Namun, setelah pemeriksaan, dokter menyatakan korban telah meninggal dunia. Jenazah kemudian dibawa pulang keluarga untuk dimakamkan.
Keluarga juga menemukan sejumlah luka pada tubuh korban, termasuk lebam di bagian lengan dan tengkuk serta luka pada kepala.
Kapolresta Banyumas Kombes Pol Petrus P. Silalahi mengatakan penyidik menduga korban mengalami kekerasan menggunakan balok kayu.
“Berdasarkan hasil penyelidikan sementara, tersangka RM alias U diduga melakukan kekerasan terhadap korban menggunakan sebilah balok kayu sepanjang kurang lebih 1,5 meter saat korban melintas di lokasi kejadian,” ungkap Kapolresta dalam keterangannya, Selasa (8/9/2026).
Dalam penyidikan kasus penganiayaan anak di Banyumas ini, polisi telah mengamankan sejumlah barang bukti. Selain balok kayu, penyidik menyita pakaian yang digunakan saat kejadian, sepeda motor Honda Revo warna hitam, serta dokumentasi luka korban.
Penyidik Satres PPA dan PPO Polresta Banyumas masih memeriksa saksi-saksi dan mengumpulkan alat bukti tambahan untuk mengungkap rangkaian peristiwa secara menyeluruh.
“Proses penyidikan masih terus dilakukan, termasuk melengkapi administrasi penyidikan dan mengumpulkan alat bukti lainnya,” imbuhnya.
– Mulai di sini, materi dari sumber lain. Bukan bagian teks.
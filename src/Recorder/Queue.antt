-- ===== src/Recorder/Queue.antt =====
-- The queue of batches between the worker and the writer: its counters, its bound, and where the
-- events that are given to it are.
use vd_trace.Base.{
  ℕ, ◌+◌, ◌%◌, ◌≤◌, ◌<◌, ◌≡◌, ◌⊎◌, inl, inr, refl, ap, sym, Bool, true, false, List, [], ◌∷◌, ◌++◌,
  arith, ◌==◌, Bool-cases, length, subst, u64_mod,
}
use vd_trace.Recorder.{
  PendingWriteBatch, TextFileRecorder, max_pending_write_bytes, WriteEnqueued, enqueue_write,
  push_batch, drop_write, pop_batch, finish_batch, signal_writer_stop,
}
use vd_trace.Recorder.Ring.{enqueue-stored}
use vd_trace.Recorder.Steps.{
  WriterState, looking, exited, taken, writing, System, opened, Step, Run,
}

pub queued_bytes : List PendingWriteBatch → ℕ
queued_bytes [] = 0
queued_bytes (b ∷ bs) = length b.text + queued_bytes bs

pub queued_events : List PendingWriteBatch → ℕ
queued_events [] = 0
queued_events (b ∷ bs) = b.event_count + queued_events bs

-- The events of the batch that the writer holds.
pub held_events : WriterState → ℕ
held_events looking = 0
held_events exited = 0
held_events (taken b) = b.event_count
held_events (writing b) = b.event_count

append-bytes :
    (xs ys : List PendingWriteBatch) → queued_bytes (xs ++ ys) ≡ queued_bytes xs + queued_bytes ys
unfolding queued_bytes
append-bytes [] ys = omega arith
append-bytes (x ∷ xs) ys = omega (arith, append-bytes xs ys)

append-events :
    (xs ys : List PendingWriteBatch)
    → queued_events (xs ++ ys) ≡ queued_events xs + queued_events ys
unfolding queued_events
append-events [] ys = omega arith
append-events (x ∷ xs) ys = omega (arith, append-events xs ys)

-- A queue within the bound, or one batch that is larger than the bound by itself.
abbrev pub WithinBound : List PendingWriteBatch → Type 0
WithinBound bs =
    (queued_bytes bs ≤ max_pending_write_bytes) ⊎ ((length bs ≡ 1) × (queued_bytes bs < u64_mod))

-- No batch is empty.
abbrev pub IsFilled : List PendingWriteBatch → Type 0
IsFilled [] = Unit
IsFilled (b ∷ bs) = (1 ≤ length b.text) × IsFilled bs

append-IsFilled :
    (bs : List PendingWriteBatch) (b : PendingWriteBatch)
    → IsFilled bs
    → 1 ≤ length b.text
    → IsFilled (bs ++ b ∷ [])
append-IsFilled [] b f h = (h, tt)
append-IsFilled (x ∷ xs) b f h = (f.0, append-IsFilled xs b f.1 h)

no_bytes : (bs : List PendingWriteBatch) → IsFilled bs → queued_bytes bs ≡ 0 → bs ≡ []
unfolding queued_bytes
no_bytes [] f e = refl
no_bytes (b ∷ bs) f e = absurd (omega (arith, f.0))

pub some_bytes : (bs : List PendingWriteBatch) → IsFilled bs → 1 ≤ length bs → 1 ≤ queued_bytes bs
unfolding queued_bytes
some_bytes [] f h = absurd (omega arith)
some_bytes (b ∷ bs) f h = omega (arith, f.0)

WithinBound-small : (bs : List PendingWriteBatch) → WithinBound bs → queued_bytes bs < u64_mod
WithinBound-small bs w = ground arith

WithinBound-rest :
    (b : PendingWriteBatch) (bs : List PendingWriteBatch) → WithinBound (b ∷ bs) → WithinBound bs
unfolding queued_bytes
WithinBound-rest b [] w = inl (omega arith)
WithinBound-rest b (x ∷ xs) (inl h) = inl (omega arith)
WithinBound-rest b (x ∷ xs) (inr h) = absurd (omega (arith, h.0))

WithinBound-append :
    (bs : List PendingWriteBatch) (b : PendingWriteBatch)
    → IsFilled bs
    → length b.text < u64_mod
    → (queued_bytes bs ≡ 0) ⊎ (queued_bytes bs + length b.text ≤ max_pending_write_bytes)
    → WithinBound (bs ++ b ∷ [])
unfolding queued_bytes
WithinBound-append bs b f small (inl e) =
    subst (λ l. WithinBound (l ++ b ∷ [])) (sym (no_bytes bs f e)) (inr (refl, omega arith))
WithinBound-append bs b f small (inr h) = inl (omega (arith, append-bytes bs (b ∷ [])))

module _ {A : Type 0} where
  pub record IsAccounted (r : TextFileRecorder A) (writer : WriterState) (offered : ℕ)
      : Type 0 where
    pub bytes : r.pending_write_bytes ≡ queued_bytes r.pending_write_batches
    pub events : r.pending_write_event_count ≡ queued_events r.pending_write_batches % u64_mod
    pub bound : WithinBound r.pending_write_batches
    pub filled : IsFilled r.pending_write_batches
    pub conserved :
        (queued_events r.pending_write_batches
            + held_events writer
            + r.written_event_count
            + r.total_dropped_write_event_count)
          % u64_mod
        ≡ offered % u64_mod

  pub enqueue_write-cases :
      (r r' : TextFileRecorder A) (text : List ℕ) (count : ℕ)
      → enqueue_write r text count ≡ WriteEnqueued.returned r'
      → (r' ≡ drop_write r count)
        ⊎ ((1 ≤ length text)
            × ((r.pending_write_bytes ≡ 0)
                ⊎ (r.pending_write_bytes + length text ≤ max_pending_write_bytes))
            × (r' ≡ push_batch r text count))
  unfolding enqueue_write
  enqueue_write-cases r r' text count e = ground arith

  drop-IsAccounted :
      (r : TextFileRecorder A) (writer : WriterState) (offered count : ℕ)
      → IsAccounted r writer offered
      → IsAccounted (drop_write r count) writer (offered + count)
  drop-IsAccounted r writer offered count a = elim (Bool-cases (count == 0)) [
    | inl none' ↦
        let e : offered ≡ offered + count = ground arith in
        rw none' (subst (IsAccounted r writer) e a)
    | inr some' ↦ rw some' (record {
      bytes = a.bytes;
      events = a.events;
      bound = a.bound;
      filled = a.filled;
      conserved = omega (arith, a.conserved);
    })
  ]

  push-IsAccounted :
      (r : TextFileRecorder A) (writer : WriterState) (offered count : ℕ) (text : List ℕ)
      → length text < u64_mod
      → 1 ≤ length text
      → (r.pending_write_bytes ≡ 0)
        ⊎ (r.pending_write_bytes + length text ≤ max_pending_write_bytes)
      → IsAccounted r writer offered
      → IsAccounted (push_batch r text count) writer (offered + count)
  unfolding queued_bytes queued_events
  push-IsAccounted r writer offered count text small full room a =
      let batches = r.pending_write_batches in
      let b : PendingWriteBatch = record { text = text; event_count = count } in
      let fits : (queued_bytes batches ≡ 0)
          ⊎ (queued_bytes batches + length text ≤ max_pending_write_bytes) =
        ground (arith, a.bytes) in
      let w = WithinBound-append batches b a.filled small fits in
      let n = append-bytes batches (b ∷ []) in
      let m = append-events batches (b ∷ []) in
      record {
        bytes = omega (arith, a.bytes, n, WithinBound-small (batches ++ b ∷ []) w);
        events = omega (arith, a.events, m);
        bound = w;
        filled = append-IsFilled batches b a.filled full;
        conserved = omega (arith, a.conserved, m);
      }

  flush-IsAccounted :
      (r r' : TextFileRecorder A) (writer : WriterState) (offered count : ℕ) (text : List ℕ)
      → length text < u64_mod
      → enqueue_write r text count ≡ WriteEnqueued.returned r'
      → IsAccounted r writer offered
      → IsAccounted r' writer (offered + count)
  flush-IsAccounted r r' writer offered count text small e a =
      elim (enqueue_write-cases r r' text count e) [
        | inl d ↦ rw d (drop-IsAccounted r writer offered count a)
        | inr (full, room, d) ↦
            rw d (push-IsAccounted r writer offered count text small full room a)
      ]

  pop-IsAccounted :
      (r : TextFileRecorder A) (offered : ℕ) (b : PendingWriteBatch) (rest : List PendingWriteBatch)
      → r.pending_write_batches ≡ b ∷ rest
      → IsAccounted r looking offered
      → IsAccounted (pop_batch r b rest) (taken b) offered
  unfolding pop_batch queued_bytes queued_events held_events
  pop-IsAccounted r offered b rest e a =
      let n = ap queued_bytes e in
      let m = ap queued_events e in
      let w = subst WithinBound e a.bound in
      record {
        bytes = omega (arith, a.bytes, n, WithinBound-small (b ∷ rest) w);
        events = omega (arith, a.events, m);
        bound = WithinBound-rest b rest w;
        filled = (subst IsFilled e a.filled).1;
        conserved = omega (arith, a.conserved, m);
      }

  finish-IsAccounted :
      (r : TextFileRecorder A) (offered : ℕ) (b : PendingWriteBatch) (ok : Bool)
      (next : WriterState)
      → held_events next ≡ 0
      → IsAccounted r (writing b) offered
      → IsAccounted (finish_batch r b ok) next offered
  unfolding finish_batch signal_writer_stop held_events
  finish-IsAccounted r offered b true next z a = record {
    bytes = a.bytes;
    events = a.events;
    bound = a.bound;
    filled = a.filled;
    conserved = omega (arith, a.conserved, z);
  }
  finish-IsAccounted r offered b false next z a =
      let others =
        queued_events r.pending_write_batches
        + held_events next
        + r.written_event_count
        + r.total_dropped_write_event_count in
      let d =
        drop-IsAccounted (record r { writer_active = false }) next others b.event_count
          (record {
            bytes = a.bytes;
            events = a.events;
            bound = a.bound;
            filled = a.filled;
            conserved = refl;
          }) in
      record {
        bytes = d.bytes;
        events = d.events;
        bound = d.bound;
        filled = d.filled;
        conserved = omega (arith, d.conserved, a.conserved, z);
      }

  pub Step-IsAccounted :
      (s t : System A)
      → Step s t
      → IsAccounted s.recorder s.writer s.offered
      → IsAccounted t.recorder t.writer t.offered
  unfolding held_events
  Step-IsAccounted s t (Step.produce event r e) a =
      let (free, stored) = enqueue-stored s.recorder r event e in
      rw stored (record {
        bytes = a.bytes;
        events = a.events;
        bound = a.bound;
        filled = a.filled;
        conserved = a.conserved;
      })
  Step-IsAccounted s t (Step.flush text count r d l e) a =
      flush-IsAccounted s.recorder r s.writer s.offered count text l e a
  Step-IsAccounted s t (Step.take_batch b rest w e) a =
      pop-IsAccounted s.recorder s.offered b rest e
        (subst (λ w. IsAccounted s.recorder w s.offered) w a)
  Step-IsAccounted s t (Step.activate b w) a =
      let c = subst (λ w. IsAccounted s.recorder w s.offered) w a in
      record {
        bytes = c.bytes;
        events = c.events;
        bound = c.bound;
        filled = c.filled;
        conserved = c.conserved;
      }
  Step-IsAccounted s t (Step.written b w) a =
      finish-IsAccounted s.recorder s.offered b true looking refl
        (subst (λ w. IsAccounted s.recorder w s.offered) w a)
  Step-IsAccounted s t (Step.failed b w) a =
      finish-IsAccounted s.recorder s.offered b false exited refl
        (subst (λ w. IsAccounted s.recorder w s.offered) w a)
  Step-IsAccounted s t (Step.leave w e x) a =
      let c = subst (λ w. IsAccounted s.recorder w s.offered) w a in
      record {
        bytes = c.bytes;
        events = c.events;
        bound = c.bound;
        filled = c.filled;
        conserved = c.conserved;
      }
  Step-IsAccounted s t _ a = record {
    bytes = a.bytes;
    events = a.events;
    bound = a.bound;
    filled = a.filled;
    conserved = a.conserved;
  }

  -- However the threads interleave: the counters of the queue are the bytes and, modulo 2 ^ 64, the
  -- events of the batches in it; the queue is within its bound or is one larger batch; and
  -- every event that was given to it is queued, held by the writer, written or counted as dropped.
  pub Run-IsAccounted :
      (ring : ℕ → A) {s : System A}
      → Run (opened ring) s
      → IsAccounted s.recorder s.writer s.offered
  unfolding queued_bytes queued_events held_events
  Run-IsAccounted ring Run.begun = record {
    bytes = refl;
    events = refl;
    bound = inl (omega arith);
    filled = tt;
    conserved = refl;
  }
  Run-IsAccounted ring (Run.then_step {s} {t} run e) =
      Step-IsAccounted s t e (Run-IsAccounted ring run)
Tersangka dijerat Pasal 76C juncto Pasal 80 ayat (3) Undang-Undang Nomor 35 Tahun 2014 tentang Perlindungan Anak juncto Undang-Undang Nomor 17 Tahun 2016.
Penyidik juga menerapkan Pasal 466 ayat (3) Undang-Undang Nomor 1 Tahun 2023 tentang KUHP. Ancaman pidana dalam perkara tersebut mencapai 15 tahun penjara.